How to complete this task: Below is a listing. Quote from it, exactly, the lines from the one containing "(bound : ℤ) (xs : List Addr)" down to the one containing "let (small, h₂)", both ends included, and nothing else.

Data:
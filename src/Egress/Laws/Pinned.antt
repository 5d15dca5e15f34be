-- ===== src/Egress/Laws/Pinned.antt =====
-- The endpoints that `Resolve` gives, for a guard of `NewEgressGuard`.
use astra_sync.Prelude.{
  ℕ, ℤ, pos, negsuc, ◌≡◌, ◌∙◌, ap, refl, [], ◌≤◌, ◌<◌, subst, Text, text_lt_asym, true, false, not,
  ◌||◌, List, length, int_lt, is_positive, is_zero, if◌then◌else◌, arith, ok, err, Result,
  >>=-passes, check-passes, IsSorted, sort_by-IsSorted,
}
use astra_sync.Connection.Policy.{Outside, Policy}
use astra_sync.Egress.Address.{Addr, invalid_addr, ip4, ip6, addr_lt}
use astra_sync.Egress.Denied.{collect, canonical_addresses}
use astra_sync.Egress.Host.{trim_space}
use astra_sync.Egress.Guard.{
  Network, EgressGuard, PinnedEndpoint, Error, guard_invalid, bound_invalid, protected_invalid,
  default_maximum_dns_addresses, maximum_dial_timeout, out_of_bound, parse_prefixes,
  new_egress_guard, resolve,
}
use astra_sync.Egress.Laws.Permitted.{resolve-Pins}

addr_lt-asym : (a b : Addr) → addr_lt a b ≡ true → addr_lt b a ≡ false
unfolding addr_lt
addr_lt-asym invalid_addr invalid_addr h = cc
addr_lt-asym invalid_addr (ip4 b) h = refl
addr_lt-asym invalid_addr (ip6 b w) h = refl
addr_lt-asym (ip4 a) invalid_addr h = cc
addr_lt-asym (ip4 a) (ip4 b) h = ground (arith, h)
addr_lt-asym (ip4 a) (ip6 b w) h = refl
addr_lt-asym (ip6 a z) invalid_addr h = cc
addr_lt-asym (ip6 a z) (ip4 b) h = cc
addr_lt-asym (ip6 a z) (ip6 b w) h = ground (arith, text_lt_asym z w)

few : (bound : ℤ) (l : ℕ) → int_lt (pos 32) bound ≡ false → int_lt bound (pos l) ≡ false → l ≤ 32
few (pos b) l h k = ground arith
few (negsuc b) l h k = absurd (cc)

bounded :
    (bound : ℤ) (xs : List Addr)
    → int_lt (pos 32) bound ≡ false
    → out_of_bound bound xs ≡ false
    → (0 < length xs) × (length xs ≤ 32)
unfolding out_of_bound
bounded bound xs h k = (ground arith, few bound (length xs) h (ground arith))

abbrev guard_in : Result Error EgressGuard → EgressGuard → EgressGuard
guard_in (ok g) other = g
guard_in (err x) other = other

module _ (n : Network) where
  -- What NewEgressGuard makes sure of.
  record Built (g : EgressGuard) : Type 0 where
    timeout_positive : is_positive g.guard_timeout ≡ true
    timeout_short : int_lt maximum_dial_timeout g.guard_timeout ≡ false
    bound_small : int_lt (pos 32) g.maximum_dns_addresses ≡ false
    two_attempts : g.maximum_dial_attempts ≡ 2

  new_egress_guard-Built :
      (cidrs : List Text) (maximum timeout : ℤ) (g : EgressGuard)
      → new_egress_guard n cidrs maximum timeout ≡ ok g
      → Built g
  unfolding new_egress_guard
  new_egress_guard-Built cidrs maximum timeout g h =
      let (timed, h₁) =
        check-passes (not (is_positive timeout) || int_lt maximum_dial_timeout timeout)
          guard_invalid _ h in
      let bound = if is_zero maximum then default_maximum_dns_addresses else maximum in
      let (small, h₂) =
        check-passes (int_lt bound (pos 1) || int_lt (pos 32) bound) bound_invalid _ h₁ in
      let (protected, parsed, h₃) =
        >>=-passes (parse_prefixes n protected_invalid trim_space cidrs) _ h₂ in
      subst Built (ap (λ r. guard_in r g) h₃) (record {
        timeout_positive = ground (arith, timed);
        timeout_short = ground (arith, timed);
        bound_small = ground (arith, small);
        two_attempts = refl;
      })

  -- Whatever the resolver returns, an endpoint that Resolve gives for a guard of NewEgressGuard has at
  -- least one address and at most 32, in ascending order; it is set to two attempts to connect,
  -- each with a positive timeout of at most 30 seconds.
  pub resolve-Bounded :
      (cidrs : List Text) (maximum timeout : ℤ) (g : EgressGuard) (o : Outside) (name : Text)
      (port : ℕ) (policy : Policy) (e : PinnedEndpoint)
      → new_egress_guard n cidrs maximum timeout ≡ ok g
      → resolve n o g name port policy ≡ ok e
      → (0 < length e.addresses)
        × (length e.addresses ≤ 32)
        × IsSorted addr_lt e.addresses
        × (e.max_attempts ≡ 2)
        × (is_positive e.dial_timeout ≡ true)
        × (int_lt (pos 30000000000) e.dial_timeout ≡ false)
  unfolding canonical_addresses
  resolve-Bounded cidrs maximum timeout g o name port policy e made resolved =
      let b = new_egress_guard-Built cidrs maximum timeout g made in
      let pins = resolve-Pins n o g name port policy e resolved in
      let (some_there, not_many) =
        bounded g.maximum_dns_addresses e.addresses b.bound_small pins.within in
      let (waits, tries) = pins.settings_kept in
      (
        some_there,
        not_many,
        subst (IsSorted addr_lt) pins.canonical
            (sort_by-IsSorted addr_lt addr_lt-asym (collect [] pins.found)),
        tries ∙ b.two_attempts,
        rw waits b.timeout_positive,
        rw waits b.timeout_short,
      )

Result:
    (bound : ℤ) (xs : List Addr)
    → int_lt (pos 32) bound ≡ false
    → out_of_bound bound xs ≡ false
    → (0 < length xs) × (length xs ≤ 32)
unfolding out_of_bound
bounded bound xs h k = (ground arith, few bound (length xs) h (ground arith))

abbrev guard_in : Result Error EgressGuard → EgressGuard → EgressGuard
guard_in (ok g) other = g
guard_in (err x) other = other

module _ (n : Network) where
  -- What NewEgressGuard makes sure of.
  record Built (g : EgressGuard) : Type 0 where
    timeout_positive : is_positive g.guard_timeout ≡ true
    timeout_short : int_lt maximum_dial_timeout g.guard_timeout ≡ false
    bound_small : int_lt (pos 32) g.maximum_dns_addresses ≡ false
    two_attempts : g.maximum_dial_attempts ≡ 2

  new_egress_guard-Built :
      (cidrs : List Text) (maximum timeout : ℤ) (g : EgressGuard)
      → new_egress_guard n cidrs maximum timeout ≡ ok g
      → Built g
  unfolding new_egress_guard
  new_egress_guard-Built cidrs maximum timeout g h =
      let (timed, h₁) =
        check-passes (not (is_positive timeout) || int_lt maximum_dial_timeout timeout)
          guard_invalid _ h in
      let bound = if is_zero maximum then default_maximum_dns_addresses else maximum in
      let (small, h₂) =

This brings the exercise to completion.